During the Second World War while in the United States, Felix and his brother Carl Ludwig volunteered to serve in the 101st Infantry Battalion, known as the "Free Austria Battalion". However, the battalion was disbanded when a number of the exiled Jewish volunteers who made up the majority of the force ultimately declined to confirm their enlistment.

==Return to Austria==

Felix in 2007

Felix, unlike his brother Otto, always refused to renounce his rights to the Austrian throne and membership of the Habsburg family, saying that doing so would violate his human rights. As a result, he was banned from entering Austria except for a brief three-day stay in 1989 in order to attend his mother's funeral. On 10 March 1996, after Austria had joined the European Union and the concurrent dropping of staffed border checkpoints between Austria and other EU countries, he crossed into the country from Germany and held a press conference the next day to announce his illegal arrival. After his presence became known, he was warned by the Austrian government that he would face prosecution if he tried again to enter the country illegally. Ultimately, a deal was reached between Felix, his brother Carl Ludwig and the Austrian government whereby they declared their allegiance to the republic without any reference being made to their rights to the throne or to their membership of the imperial family.
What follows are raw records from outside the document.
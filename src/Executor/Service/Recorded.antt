-- ===== src/Executor/Service/Recorded.antt =====
-- A record that gives its answer, from the end of the execution on.
use inryeok_bot.Prelude.{
  ℕ, String, Bool, true, false, Option, none, some, List, ◌≡◌, ◌≢◌, refl, inl, inr, ◌⊎◌, str_eq,
  eq_iff, Bool-cases, is_present, All, ltb,
}
use inryeok_bot.Executor.{Answer, answered, refused, raised, Request, invalid_snapshot}
use inryeok_bot.Executor.Run.{Attempt, run_review}
use inryeok_bot.Executor.Records.{
  ExecutionRecord, RecordFile, find_file, has_file, recorded_answer, is_file_of, read_file, dedupe,
  WriteOutcome, not_replaced, is_persisted, write_execution_record,
}
use inryeok_bot.Executor.Records.Kept.{write-All-other, has_file-write, OfSome}
use inryeok_bot.Executor.Service.{
  Execution, Service, Setting, is_seen, start, try_start, after_dedupe, after_snapshot,
  answer_record, write_answer, settle, request_fingerprint, review,
}
use inryeok_bot.Executor.Service.Once.{AllComplete, settle-AllComplete}

-- If the file is that of the id, its record gives the answer to a request with the fingerprint.
abbrev pub Gives : String → String → Answer → RecordFile → Type 0
Gives id hash a f = is_file_of id f ≡ true → dedupe hash (some f.stored) ≡ some a

abbrev pub IsOther : String → Option Execution → Type 0
IsOther id none = Unit
IsOther id (some x) = str_eq x.execution_id id ≡ false

-- The answer is on disk, and the execution that gave it is over.
pub record Recorded (id hash : String) (a : Answer) (s : Service) : Type 0 where
  pub gives : All (Gives id hash a) s.files
  pub present : has_file id s.files ≡ true
  pub over : IsOther id s.holder
  pub complete : AllComplete s

-- An answer of `review` leaves the lock as it is.
start-holder :
    (e : Setting) (id hash : String) (s : Service)
    → (start e id hash s).0.holder ≡ s.holder ⊎ ((start e id hash s).1 ≡ none)
unfolding start
start-holder e id hash s = elim (Bool-cases (is_persisted e.write)) [
  | inl p ↦ rw (p, start) (inr refl)
  | inr p ↦ rw (p, start) (inl refl)
]

try_start-holder :
    (e : Setting) (id hash : String) (s : Service)
    → (try_start e id hash s).0.holder ≡ s.holder ⊎ ((try_start e id hash s).1 ≡ none)
unfolding try_start
try_start-holder e id hash s = elim (Bool-cases (is_seen id s.seen)) [
  | inl seen ↦ rw (seen, try_start) (inl refl)
  | inr unseen ↦ elim (Bool-cases (is_present s.holder)) [
    | inl held ↦ rw (unseen, held, try_start) (inl refl)
    | inr free ↦ rw (unseen, free, try_start) (start-holder e id hash s)
  ]
]

after_dedupe-holder :
    (o : Option Answer) (e : Setting) (id hash : String) (s : Service)
    → (after_dedupe o e id hash s).0.holder ≡ s.holder ⊎ ((after_dedupe o e id hash s).1 ≡ none)
unfolding after_dedupe
after_dedupe-holder none e id hash s = try_start-holder e id hash s
after_dedupe-holder (some a) e id hash s = inl refl

after_snapshot-holder :
    (o : Option Answer) (e : Setting) (id hash : String) (s : Service)
    → (after_snapshot o e id hash s).0.holder ≡ s.holder ⊎ ((after_snapshot o e id hash s).1 ≡ none)
unfolding after_snapshot
after_snapshot-holder none e id hash s =
    after_dedupe-holder (dedupe hash (read_file e.reading (find_file id s.files))) e id hash s
after_snapshot-holder (some a) e id hash s = inl refl

pub review-holder :
    (sha256 : List String → String) (decimal : ℕ → String) (e : Setting) (r : Request) (s : Service)
    → (review sha256 decimal e r s).0.holder ≡ s.holder ⊎ ((review sha256 decimal e r s).1 ≡ none)
unfolding review
review-holder sha256 decimal e r s =
    after_snapshot-holder (invalid_snapshot r) e r.execution_id
      (request_fingerprint sha256 decimal e.schema r) s

abbrev pub RecordOf : Execution → Answer → ExecutionRecord → Type 0
RecordOf x answer r =
    (r.execution_id ≡ x.execution_id) × (dedupe x.request_fingerprint (some (some r)) ≡ some answer)

same : (s : String) → str_eq s s ≡ true
same s = (eq_iff s s).1 refl

-- The record of an answer gives that answer.
pub answer_record-RecordOf :
    (x : Execution) (answer : Answer) (count : Option ℕ)
    → OfSome (RecordOf x answer) (answer_record x answer count)
unfolding answer_record dedupe recorded_answer
answer_record-RecordOf x (answered result) count =
    rw (same x.request_fingerprint, dedupe, recorded_answer) (refl, refl)
answer_record-RecordOf x (refused status content) count = elim (Bool-cases (ltb status 500)) [
  | inl e ↦ rw (same x.request_fingerprint, e, answer_record, dedupe, recorded_answer) (refl, refl)
  | inr e ↦ rw (same x.request_fingerprint, e, answer_record, dedupe, recorded_answer) (refl, refl)
]
answer_record-RecordOf x (raised status) count = tt

pub vacuous : {A : Type 0} {b : Bool} → b ≡ false → b ≡ true → A
vacuous e h = cc

settled :
    (w : WriteOutcome) (now : ℕ) (answer : Answer) (x : Execution) (r : ExecutionRecord)
    (files : List RecordFile)
    → w ≢ not_replaced
    → RecordOf x answer r
    → All (Gives x.execution_id x.request_fingerprint answer) (write_execution_record w now r files)
      × (has_file x.execution_id (write_execution_record w now r files) ≡ true)
settled w now answer x r files n (q, d) = rw (← q) (
  write-All-other (Gives r.execution_id x.request_fingerprint answer) w now r files (λ _. d)
      (λ f. vacuous) n,
  has_file-write w now r files n,
)

write_answer_settled :
    (w : WriteOutcome) (now : ℕ) (answer : Answer) (x : Execution) (files : List RecordFile)
    (o : Option ExecutionRecord)
    → w ≢ not_replaced
    → OfSome (RecordOf x answer) o
    → is_present o ≡ true
    → let files' = (write_answer o w now answer files).0 in
      All (Gives x.execution_id x.request_fingerprint answer) files'
      × (has_file x.execution_id files' ≡ true)
unfolding write_answer
write_answer_settled w now answer x files none n f p = cc
write_answer_settled w now answer x files (some r) n f p = settled w now answer x r files n f

-- An exception that the endpoint does not catch.
abbrev pub is_raised : Answer → Bool
is_raised (raised _) = true
is_raised _ = false

recorded_unless_raised :
    (x : Execution) (answer : Answer) (count : Option ℕ)
    → is_raised answer ≡ false
    → is_present (answer_record x answer count) ≡ true
unfolding answer_record
recorded_unless_raised x (answered result) count h = refl
recorded_unless_raised x (refused status content) count h = refl
recorded_unless_raised x (raised status) count h = cc

pub settle-Recorded :
    (w : WriteOutcome) (now : ℕ) (correlation : String) (attempt : Attempt) (x : Execution)
    (s : Service)
    → AllComplete s
    → w ≢ not_replaced
    → is_raised (run_review correlation attempt).0 ≡ false
    → Recorded x.execution_id x.request_fingerprint
        (run_review correlation attempt).0
        (settle w now correlation attempt x s).0
unfolding settle
settle-Recorded w now correlation attempt x s c n h =
    let (answer, count) = run_review correlation attempt in
    let (g, p) =
      write_answer_settled w now answer x s.files (answer_record x answer count) n
        (answer_record-RecordOf x answer count) (recorded_unless_raised x answer count h) in
    record {
      gives = g;
      present = p;
      over = tt;
      complete = settle-AllComplete w now correlation attempt x s c;
    }
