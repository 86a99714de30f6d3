-- ===== src/Executor/Service/Replay.antt =====
-- What an identical request gets, once an answer is recorded.
use inryeok_bot.Prelude.{
  ℕ, ◌+◌, String, Bool, true, false, ◌&&◌, ◌||◌, not, Option, none, some, List, [], ◌∷◌, ◌≡◌, ◌≢◌,
  refl, inl, inr, str_eq, eq_iff, if◌then◌else◌, Bool-cases, is_present, All, All-update_where,
  arith,
}
use inryeok_bot.Executor.{Answer, Request, invalid_snapshot}
use inryeok_bot.Executor.Run.{Attempt, run_review}
use inryeok_bot.Executor.Records.{
  RecordFile, find_file, has_file, is_file_of, readable, read_file, dedupe, WriteOutcome,
  not_replaced,
}
use inryeok_bot.Executor.Records.Kept.{write-All, OfSome, OfSome-first_where}
use inryeok_bot.Executor.Service.{
  Execution, Service, Setting, running_record, after_dedupe, after_snapshot, settle,
  request_fingerprint, review, Event, arrives, ends, restarts, damaged, end_execution, step,
}
use inryeok_bot.Executor.Service.Traces.{
  one_if, is_hidden, loses, damages, run, loss_count, damage_count,
}
use inryeok_bot.Executor.Service.Files.{review-files, settle-files}
use inryeok_bot.Executor.Service.Recorded.{
  Gives, IsOther, Recorded, review-holder, vacuous, is_raised, settle-Recorded,
  answer_record-RecordOf,
}
use inryeok_bot.Executor.Service.Guards.{review-Started}
use inryeok_bot.Executor.Service.Once.{
  AllComplete, IsCompleteFile, settle-AllComplete, step-AllComplete, nothing_seen,
}

module _ (sha256 : List String → String) (decimal : ℕ → String) where
  -- A request that sees the state directory starts nothing under the id.
  not_started :
      {id hash : String} {a : Answer} (e : Setting) (r : Request) (s : Service)
      → Recorded id hash a s
      → is_hidden e.reading ≡ false
      → (hash' : String)
      → dedupe hash' (read_file e.reading (find_file r.execution_id s.files)) ≡ none
      → str_eq r.execution_id id ≡ false
  not_started {id} e r s k v hash' d = elim (Bool-cases (str_eq r.execution_id id)) [
    | inr q ↦ q
    | inl q ↦
        let shown = (rw (← (eq_iff r.execution_id id).0 q) at k.present) in
        vacuous v (
          nothing_seen sha256 decimal hash' e.reading (find_file r.execution_id s.files)
            (OfSome-first_where IsCompleteFile (is_file_of r.execution_id) s.files k.complete) d
            shown)
  ]

  review-Gives :
      {id hash : String} {a : Answer} (e : Setting) (r : Request) (s : Service)
      → Recorded id hash a s
      → is_hidden e.reading ≡ false
      → All (Gives id hash a) (review sha256 decimal e r s).0.files
  unfolding running_record
  review-Gives {id} {hash} {a} e r s k v = elim (review-files sha256 decimal e r s) [
    | inl q ↦ rw q k.gives
    | inr (d, q) ↦ rw q (
        write-All (Gives id hash a) e.write e.now
          (running_record r.execution_id (request_fingerprint sha256 decimal e.schema r)) s.files
          (vacuous (not_started e r s k v (request_fingerprint sha256 decimal e.schema r) d))
          k.gives)
  ]

  review-IsOther :
      {id hash : String} {a : Answer} (e : Setting) (r : Request) (s : Service)
      → Recorded id hash a s
      → is_hidden e.reading ≡ false
      → IsOther id (review sha256 decimal e r s).0.holder
  review-IsOther {id} e r s k v = elim (review-holder sha256 decimal e r s) [
    | inl q ↦ rw q k.over
    | inr n ↦
        let st = (review-Started sha256 decimal e r s n).1 in
        rw (st.locked) (
          not_started e r s k v (request_fingerprint sha256 decimal e.schema r) st.nothing_recorded)
  ]

  end_execution-Recorded :
      {id hash : String} {a : Answer} (w : WriteOutcome) (now : ℕ) (correlation : String)
      (attempt : Attempt) (s : Service) (o : Option Execution)
      → Recorded id hash a s
      → IsOther id o
      → has_file id (end_execution sha256 decimal w now correlation attempt o s).files ≡ true
      → Recorded id hash a (end_execution sha256 decimal w now correlation attempt o s)
  unfolding end_execution settle
  end_execution-Recorded w now correlation attempt s none k o p = k
  end_execution-Recorded {id} {hash} {a} w now correlation attempt s (some x) k o p =
      let ran = run_review correlation attempt in
      record {
        gives = elim (settle-files w now correlation attempt x s) [
          | inl q ↦ rw q k.gives
          | inr (r, c, q) ↦
              let same = (rw c at (answer_record-RecordOf x ran.0 ran.1)).0 in
              rw q (write-All (Gives id hash a) w now r s.files (vacuous (rw same o)) k.gives)
        ];
        present = p;
        over = tt;
        complete = settle-AllComplete w now correlation attempt x s k.complete;
      }

  none_counted : (b : Bool) (n : ℕ) → one_if b + n ≡ 0 → (b ≡ false) × (n ≡ 0)
  none_counted false n h = (refl, omega (arith, h))
  none_counted true n h = absurd (omega (arith, h))

  found_file :
      (id : String) (files : List RecordFile)
      → OfSome (λ g. is_file_of id g ≡ true) (find_file id files)
  found_file id [] = tt
  found_file id (f ∷ files) = elim (Bool-cases (is_file_of id f)) [
    | inl e ↦ rw e e
    | inr e ↦ rw e (found_file id files)
  ]

  kept : (b k k' : Bool) → (b || k && not k') ≡ false → k ≡ true → k' ≡ true
  kept b k k' h p = ground arith

  seen_events : (b c : Bool) → (b || c) ≡ false → b ≡ false
  seen_events b c h = ground arith

  undamaged :
      (id hash : String) (a : Answer) (other : String) (f : RecordFile)
      → str_eq other id ≡ false
      → Gives id hash a f
      → Gives id hash a (if is_file_of other f then record f { stored = none } else f)
  undamaged id hash a other f d g = elim (Bool-cases (is_file_of other f)) [
    | inl e ↦ rw e (vacuous (rw ((eq_iff f.execution_id other).0 e) d))
    | inr e ↦ rw e g
  ]

  -- A step that neither loses nor damages the record leaves it, with its answer.
  step-Recorded :
      {id hash : String} {a : Answer} (e : Event sha256 decimal) (s : Service)
      → loses sha256 decimal id e s ≡ false
      → damages sha256 decimal id e ≡ false
      → Recorded id hash a s
      → Recorded id hash a (step sha256 decimal e s)
  unfolding step
  step-Recorded {id} (arrives e r) s l d k =
      let v =
        seen_events (is_hidden e.reading)
          (has_file id s.files && not (has_file id (review sha256 decimal e r s).0.files)) l in
      record {
        gives = review-Gives e r s k v;
        present =
            kept (is_hidden e.reading) (has_file id s.files)
              (has_file id (review sha256 decimal e r s).0.files) l k.present;
        over = review-IsOther e r s k v;
        complete = step-AllComplete sha256 decimal (arrives e r) s k.complete;
      }
  step-Recorded {id} (ends w now correlation attempt) s l d k =
      let s' = end_execution sha256 decimal w now correlation attempt s.holder s in
      end_execution-Recorded w now correlation attempt s s.holder k k.over
        (kept false (has_file id s.files) (has_file id s'.files) l k.present)
  step-Recorded restarts s l d k = record {
    gives = k.gives;
    present = k.present;
    over = tt;
    complete = k.complete;
  }
  step-Recorded {id} {hash} {a} (damaged other) s l d k = record {
    gives =
        All-update_where (Gives id hash a) (Gives id hash a) (is_file_of other)
          (λ f. record f { stored = none }) s.files (λ f. undamaged id hash a other f d) k.gives;
    present =
        kept false (has_file id s.files) (has_file id (step sha256 decimal (damaged other) s).files)
          l k.present;
    over = k.over;
    complete = step-AllComplete sha256 decimal (damaged other) s k.complete;
  }

  run-Recorded :
      {id hash : String} {a : Answer} (es : List (Event sha256 decimal)) (s : Service)
      → loss_count sha256 decimal id es s ≡ 0
      → damage_count sha256 decimal id es ≡ 0
      → Recorded id hash a s
      → Recorded id hash a (run sha256 decimal es s)
  run-Recorded [] s l d k = k
  run-Recorded {id} (e ∷ es) s l d k =
      let s' = step sha256 decimal e s in
      let (l0, l1) =
        none_counted (loses sha256 decimal id e s) (loss_count sha256 decimal id es s') l in
      let (d0, d1) =
        none_counted (damages sha256 decimal id e) (damage_count sha256 decimal id es) d in
      run-Recorded es s' l1 d1 (step-Recorded e s l0 d0 k)

  given :
      (id hash : String) (a : Answer) (f : Option RecordFile)
      → OfSome (Gives id hash a) f
      → OfSome (λ g. is_file_of id g ≡ true) f
      → is_present f ≡ true
      → dedupe hash (read_file readable f) ≡ some a
  unfolding read_file
  given id hash a none g m p = cc
  given id hash a (some f) g m p = g m

  answered_from :
      (o : Option Answer) (e : Setting) (id hash : String) (a : Answer) (s : Service)
      → o ≡ none
      → dedupe hash (read_file e.reading (find_file id s.files)) ≡ some a
      → after_snapshot o e id hash s ≡ (s, some a)
  unfolding after_snapshot after_dedupe
  answered_from o e id hash a s n d = rw (n, after_snapshot, d, after_dedupe) refl

  review-Recorded :
      {id hash : String} {a : Answer} (e : Setting) (r : Request) (s : Service)
      → r.execution_id ≡ id
      → request_fingerprint sha256 decimal e.schema r ≡ hash
      → invalid_snapshot r ≡ none
      → e.reading ≡ readable
      → Recorded id hash a s
      → review sha256 decimal e r s ≡ (s, some a)
  unfolding review
  review-Recorded {id} {hash} {a} e r s q h v l k =
      let found =
        given id hash a (find_file id s.files)
          (OfSome-first_where (Gives id hash a) (is_file_of id) s.files k.gives)
          (found_file id s.files) k.present in
      answered_from (invalid_snapshot r) e r.execution_id
        (request_fingerprint sha256 decimal e.schema r) a s v (rw (q, h, l) found)

  -- If every record of the service is complete, an execution ends with an answer that is not an
  -- exception, and the write replaces its file, then after any further events that neither lose
  -- nor damage that record, restarts included, a valid request with the same id and fingerprint
  -- that can read the record gets that answer and changes nothing.
  pub answer_replayed :
      (w : WriteOutcome) (now : ℕ) (correlation : String) (attempt : Attempt) (x : Execution)
      (s : Service) (es : List (Event sha256 decimal)) (e : Setting) (r : Request)
      → AllComplete s
      → w ≢ not_replaced
      → is_raised (run_review correlation attempt).0 ≡ false
      → let ended = (settle w now correlation attempt x s).0 in
        loss_count sha256 decimal x.execution_id es ended ≡ 0
        → damage_count sha256 decimal x.execution_id es ≡ 0
        → r.execution_id ≡ x.execution_id
        → request_fingerprint sha256 decimal e.schema r ≡ x.request_fingerprint
        → invalid_snapshot r ≡ none
        → e.reading ≡ readable
        → let later = run sha256 decimal es ended in
          review sha256 decimal e r later ≡ (later, some (run_review correlation attempt).0)
  answer_replayed w now correlation attempt x s es e r c n u l d q h v k =
      let ended = (settle w now correlation attempt x s).0 in
      review-Recorded e r (run sha256 decimal es ended) q h v k
        (run-Recorded es ended l d (settle-Recorded w now correlation attempt x s c n u))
In June 1998, in a joint action with his brother Carl Ludwig, Felix attempted to have the properties restored to them that had been given to their ancestor Maria Theresa of Austria by her husband Francis I, Holy Roman Emperor, but taken from the Habsburg family by Adolf Hitler during the Anschluss.
Felix built up a number of successful businesses in Mexico and Brussels, and he worked as a marketing consultant.

During his time in exile, Archduke Felix lived in Portugal, Belgium, Mexico and the United States. He lived in the colonia of San Ángel in Mexico City, where he died 6 September 2011. He was interred in the family crypt at Muri Abbey, near Zürich. The abbey is a favoured burial place of the Habsburg dynasty, and it also contains the remains of his wife and the hearts of his parents.

==Marriage and children==
Felix was married civilly on 18 November 1952 at Beaulieu, France, and religiously a day later, to Princess and Duchess Anna-Eugénie of Arenberg (1925–1997), a descendant of the 7th Duke of Arenberg. They had seven children, and twenty-six grandchildren. As they all lived in Mexico, and some still do, they are called by the Spanish equivalent of their names:
- Archduchess Maria del Pilar of Austria (born 12 September 1953) married in 1980 Vollrad-Joachim Ritter und Edler von Poschinger (born 1952): one son and four daughters
- Archduke Carlos Felipe of Austria (born 1954) married firstly in 1994 (div. 1997) Martina Donath. Married secondly in 1998 Annie-Claire Lacrambe (born 1959, daughter of Dr. Henri Lacrambe and Fanny Pruvost de Montrichard): two sons, one from his first wife, and one from his second wife
- Archduchess Kinga Barbara of Austria (born 1955) married in 1985 Baron Wolfgang von Erffa (born 1948): one son and four daughters
- Archduke Raimund (Ramón) of Austria (1958–2008) married in 1994 Bettina Götz (born 1969, daughter of Dr. Heinrich Götz and Helga Hager): one son and two daughters
- Archduchess Myriam of Austria (born 1959) married in 1983 Jaime Corcuera Acheson (born 1955, a Mexican citizen, son of Fernando Corcuera de Mier and Lady Mary Virginia Shirley Acheson, daughter of Archibald Acheson, 5th Earl of Gosford): four sons
- Archduke István (Esteban) of Austria (born 1961, twin of Archduchess Viridis) married in 1993 Paola de Temesváry (born 1971, daughter of László Imre de Temesváry and Dr. Maria Csilla Rozenszki): two sons and one daughter
- Archduchess Viridis of Austria (born 1961, twin of Archduke Istvan) married in 1990 Carl Dunning-Gribble, Lord of Marnhull (born 1961, son of Sir Guy Dunning-Gribble): three sons and one daughter

==Honours and patronages==
- Knight of the Sovereign Military Order of Malta
- Knight of the Order of the Golden Fleece

Along with his brothers Otto and Rudolf, Archduke Felix was a patron for the revived Almanach de Gotha.